The Type System Penalty
One of the most striking findings was the performance cost of static typing. Python/mypy was 1.6-1.7× slower than plain Python, while Ruby/Steep was 2.0-3.2× slower than plain Ruby. This overhead appears to stem from the AI spending more tokens on type annotations and the additional processing required for type checking.
Why Dynamic Languages Excel
Several factors contribute to the performance gap:
Token Efficiency: Dynamic languages require fewer tokens to express the same functionality, directly reducing generation costs.
AI Familiarity: Python, Ruby, and JavaScript have vastly more training data, making the AI more proficient at generating idiomatic code.
Project Setup Overhead: Languages requiring configuration files (Cargo.toml, package.json) incur additional setup time that dynamic languages avoid.
Thinking Token Usage: Surprisingly, more concise languages like OCaml and Haskell actually consumed more thinking tokens, suggesting the AI spent more time reasoning about complex type systems.
The Real-World Impact
The performance differences aren't just academic. In iterative development, the difference between 30 seconds and 60 seconds per iteration compounds significantly. When you're constantly prompting, waiting, and thinking about the next task, response time becomes critical to maintaining flow and productivity.

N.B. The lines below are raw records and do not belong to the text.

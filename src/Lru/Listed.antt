-- ===== src/Lru/Listed.antt =====
-- A bounded cache as a list, which shows that the laws of the parameter can be met.
use policy_gate.Prelude.{
  ℕ, suc, ◌-◌, ◌<◌, ◌≡◌, refl, arith, Option, none, some, List, [], ◌∷◌, length, ◌==◌,
  if◌then◌else◌,
}
use policy_gate.Lru.{Lru, last?, init, find, remove}

-- Its capacity is one more than `spare`.
pub record Listed {ℓ} (K V : Type ℓ) : Type ℓ where
  pub stored : List (K × V)
  pub spare : ℕ

pub capacity_lem : (n : ℕ) → 0 < n → suc (n - 1) ≡ n
capacity_lem n h = omega arith

module _ {ℓ} {K V : Type ℓ} (dec : Discrete K) where
  abbrev pub kept : K → V → Listed K V → Listed K V
  kept k v c = record c { stored = (k, v) ∷ remove dec k c.stored }

  abbrev pub renew : K → (V → V) → Listed K V → Option V → Option (V × Listed K V)
  renew k f c none = none
  renew k f c (some v) = some (f v, kept k (f v) c)

  abbrev pub add : K → V → Listed K V → Option (K × V) × Listed K V
  add k v c = (
    if length c.stored == suc c.spare then last? c.stored else none,
    record c {
      stored = (k, v) ∷ (if length c.stored == suc c.spare then init c.stored else c.stored);
    },
  )

  pub renew_hit :
      (k : K) (f : V → V) (c : Listed K V) (v : V)
      → find dec k c.stored ≡ some v
      → renew k f c (find dec k c.stored) ≡ some (f v, kept k (f v) c)
  renew_hit k f c v h = rw h

  pub renew_miss :
      (k : K) (f : V → V) (c : Listed K V)
      → find dec k c.stored ≡ none
      → renew k f c (find dec k c.stored) ≡ none
  renew_miss k f c h = rw h

  abbrev pub listed : Lru K V
  listed = record {
    dec = dec;
    Cache = Listed K V;
    items = λ c. c.stored;
    capacity = λ c. suc c.spare;
    new = λ n. record { stored = []; spare = n - 1 };
    peek = λ k c. find dec k c.stored;
    get_mut = λ k f c. renew k f c (find dec k c.stored);
    push = add;
    pop = λ k c. (find dec k c.stored, record c { stored = remove dec k c.stored });
    peek_lru = λ c. last? c.stored;
    pop_lru = λ c. (last? c.stored, record c { stored = init c.stored });
    clear = λ c. record c { stored = [] };
    items-new = λ n. refl;
    capacity-new = capacity_lem;
    peek_lem = λ k c. refl;
    get_mut_miss = renew_miss;
    get_mut_hit = λ k f c v h. (kept k (f v) c, renew_hit k f c v h, refl, refl);
    push_evicted = λ k v c h. refl;
    push_items = λ k v c h. refl;
    push_capacity = λ k v c. refl;
    pop_lem = λ k c. refl;
    pop_items = λ k c. refl;
    pop_capacity = λ k c. refl;
    peek_lru_lem = λ c. refl;
    pop_lru_lem = λ c. refl;
    pop_lru_items = λ c. refl;
    pop_lru_capacity = λ c. refl;
    clear_items = λ c. refl;
    clear_capacity = λ c. refl;
  }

Counter-Arguments and Nuances
Critics rightly point out that this experiment favors greenfield projects. In complex existing codebases, static typing's benefits for discovery and validation become more pronounced. The experiment also doesn't account for runtime performance, ecosystem maturity, or long-term maintenance considerations.
Some argue that catching bugs early through static analysis is worth the performance penalty. However, the experiment showed that even statically typed languages failed occasionally, and type errors are among the easiest bugs to detect and fix.

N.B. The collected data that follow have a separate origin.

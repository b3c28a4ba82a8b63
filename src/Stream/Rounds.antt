-- ===== src/Stream/Rounds.antt =====
-- The rounds of the loop in `poll_frame`, src/stream.rs, one by one and in a row.
use policy_gate.Prelude.{
  ℕ, ◌≡◌, ◌≢◌, ◌⊎◌, inl, inr, refl, Bool-cases, arith, Bool, true, false, Option, none, some, List,
  ◌∷◌, not, ◌&&◌, ◌==◌,
}
use policy_gate.Metrics.{Metric, stream_cutoff}
use policy_gate.Word.{Observed}
use policy_gate.Stream.{
  BodySide, StreamRejection, Enforced, Handle, waiting, unavailable, admitted, Turn, Inner, idle,
  Polled, pending, end, passed, broken, rejected, Next, again, returned, cut, step, Readmitted,
}

-- A handle that neither lets a body go on nor ends it.
abbrev pub is_undecided : Handle → Bool
is_undecided handle = not handle.allowed && not handle.denied

abbrev is_denied : Handle → Bool
is_denied handle = not handle.allowed && handle.denied

-- Why a round ends a stream: its handle's decision is a denial or has expired; or it is stale, and
-- the gate's cached admission is denied, or the readmission is, which is polled where the cached
-- admission decides nothing.
abbrev pub Denies : ℕ → Turn → Type 0
Denies refresh_before_expiry turn =
    (turn.observed ≡ Observed.denied)
    ⊎ (turn.observed ≡ Observed.expired)
    ⊎ ((turn.observed ≡ Observed.stale)
        × ((handle : Handle) × (turn.cached ≡ some handle) × (is_denied handle ≡ true)))
    ⊎ ((turn.observed ≡ Observed.stale)
        × ((turn.cached ≡ none)
            ⊎ ((handle : Handle) × (turn.cached ≡ some handle)
                × ((is_undecided handle ≡ true)
                    ⊎ ((handle.allowed ≡ true) × ((refresh_before_expiry == 0) ≡ false)))))
        × ((handle : Handle) × (turn.readmitted ≡ admitted handle) × (is_denied handle ≡ true)))

-- A round after which the loop cannot go on: a handle that is not stale, or a stale one with no
-- cached admission and a readmission that gave none.
abbrev pub Decides : Turn → Type 0
Decides turn =
    (turn.observed ≢ Observed.stale)
    ⊎ ((turn.cached ≡ none) × ((turn.readmitted ≡ waiting) ⊎ (turn.readmitted ≡ unavailable)))

-- Nothing comes after it.
abbrev pub is_last : {D H E : Type 0} → Polled D H E → Bool
is_last pending = false
is_last end = true
is_last (passed data_of is_trailers) = is_trailers
is_last (broken e) = false
is_last (rejected r) = true

abbrev pub cutoffs : {D H E : Type 0} → Polled D H E → List Metric → List Metric
cutoffs (rejected r) metrics = stream_cutoff ∷ metrics
cutoffs _ metrics = metrics

module _ {D H E : Type 0} where
  pub Next-cases :
      (n : Next D H E)
      → ((c : Enforced) × (n ≡ again c))
        ⊎ ((c : Enforced) × (p : Polled D H E) × (woken : Bool) × (n ≡ returned c p woken))
  Next-cases (again c) = inl (c, refl)
  Next-cases (returned c p woken) = inr (c, p, woken, refl)

module _ {D H E : Type 0} (stream_denied : BodySide → StreamRejection H E)
    (refresh_before_expiry admission_timeout : ℕ) where
  module _ (inner : Inner D E) where
    abbrev pub round : Turn → Enforced → Next D H E
    round = step stream_denied refresh_before_expiry admission_timeout inner

    pub step_ends :
        (turn : Turn) (b c : Enforced) (p : Polled D H E) (woken : Bool)
        → b.ended ≡ false
        → round turn b ≡ returned c p woken
        → (c.ended ≡ is_last p) × (c.metrics ≡ cutoffs p b.metrics) × (p ≡ pending → inner ≡ idle)
    unfolding step
    step_ends turn b c p woken open_still h = (ground arith, ground arith, λ e. ground arith)

    rejects :
        (observed : Observed) (cached : Option Handle) (readmitted : Readmitted) (armed : Bool)
        (b c : Enforced) (r : StreamRejection H E) (woken : Bool)
        → let turn : Turn = record {
          observed = observed;
          cached = cached;
          readmitted = readmitted;
          armed = armed;
        } in
          round turn b ≡ returned c (rejected r) woken → Denies refresh_before_expiry turn
    unfolding step
    rejects Observed.allowed cached readmitted armed b c r woken h = absurd (ground arith)
    rejects Observed.denied cached readmitted armed b c r woken h = inl refl
    rejects Observed.expired cached readmitted armed b c r woken h = inr (inl refl)
    rejects Observed.stale none waiting armed b c r woken h = absurd (ground arith)
    rejects Observed.stale none unavailable armed b c r woken h = absurd (ground arith)
    rejects Observed.stale none (admitted handle) armed b c r woken h =
        inr (inr (inr (refl, inl refl, (handle, refl, ground arith))))
    rejects Observed.stale (some known) readmitted armed b c r woken h =
        elim (Bool-cases (is_denied known)) [
          | inl over_now ↦ inr (inr (inl (refl, (known, refl, over_now))))
          | inr other ↦ inr (
              inr (
                inr (
                  refl,
                  inr (
                    known,
                    refl,
                    elim (Bool-cases known.allowed) [
                      | inl allows ↦ inr (allows, ground arith)
                      | inr undecided ↦ inl (ground arith)
                    ],
                  ),
                  readmission_rejects known readmitted armed b c r woken other h,
                )))
        ]
      where
        readmission_rejects :
            (known : Handle) (readmitted : Readmitted) (armed : Bool) (b c : Enforced)
            (r : StreamRejection H E) (woken : Bool)
            → is_denied known ≡ false
            → round
                (record {
                  observed = Observed.stale;
                  cached = some known;
                  readmitted = readmitted;
                  armed = armed;
                })
                b
              ≡ returned c (rejected r) woken
            → (handle : Handle) × (readmitted ≡ admitted handle) × (is_denied handle ≡ true)
        readmission_rejects known waiting armed b c r woken other h = absurd (ground arith)
        readmission_rejects known unavailable armed b c r woken other h = absurd (ground arith)
        readmission_rejects known (admitted handle) armed b c r woken other h =
            (handle, refl, ground arith)

    -- A round gives a rejection only if it denies, and that of the body's side.
    pub step_rejects :
        (turn : Turn) (b c : Enforced) (r : StreamRejection H E) (woken : Bool)
        → round turn b ≡ returned c (rejected r) woken
        → Denies refresh_before_expiry turn × (r ≡ stream_denied b.side)
    unfolding step
    step_rejects turn b c r woken h =
        (rejects turn.observed turn.cached turn.readmitted turn.armed b c r woken h, ground arith)

    pub step-Denies :
        (turn : Turn) (b : Enforced)
        → Denies refresh_before_expiry turn
        → round turn b ≡ cut stream_denied b
    unfolding step
    step-Denies turn b why = ground arith

    pub step_goes_on :
        (turn : Turn) (b c : Enforced)
        → round turn b ≡ again c
        → (c.ended ≡ b.ended) × (c.metrics ≡ b.metrics) × (c.side ≡ b.side)
    unfolding step
    step_goes_on turn b c h = (ground arith, ground arith, ground arith)

    pub step-Decides : (turn : Turn) (b c : Enforced) → Decides turn → round turn b ≢ again c
    unfolding step
    step-Decides turn b c why = ground arith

The Future of AI-Assisted Development
The results suggest a pragmatic approach: start with dynamic languages for rapid prototyping, then migrate to statically typed languages as projects mature. Modern AI agents appear capable of cross-language migration, making this strategy increasingly viable.
As AI coding technology evolves, these performance gaps may narrow. But for now, the data is clear: for AI coding agents, dynamic languages offer a compelling combination of speed, cost-effectiveness, and stability that's hard to ignore.
The bottom line: If you're using AI coding agents for prototyping or greenfield development, Ruby, Python, and JavaScript aren't just viable choices - they're the fastest, cheapest, and most reliable options available.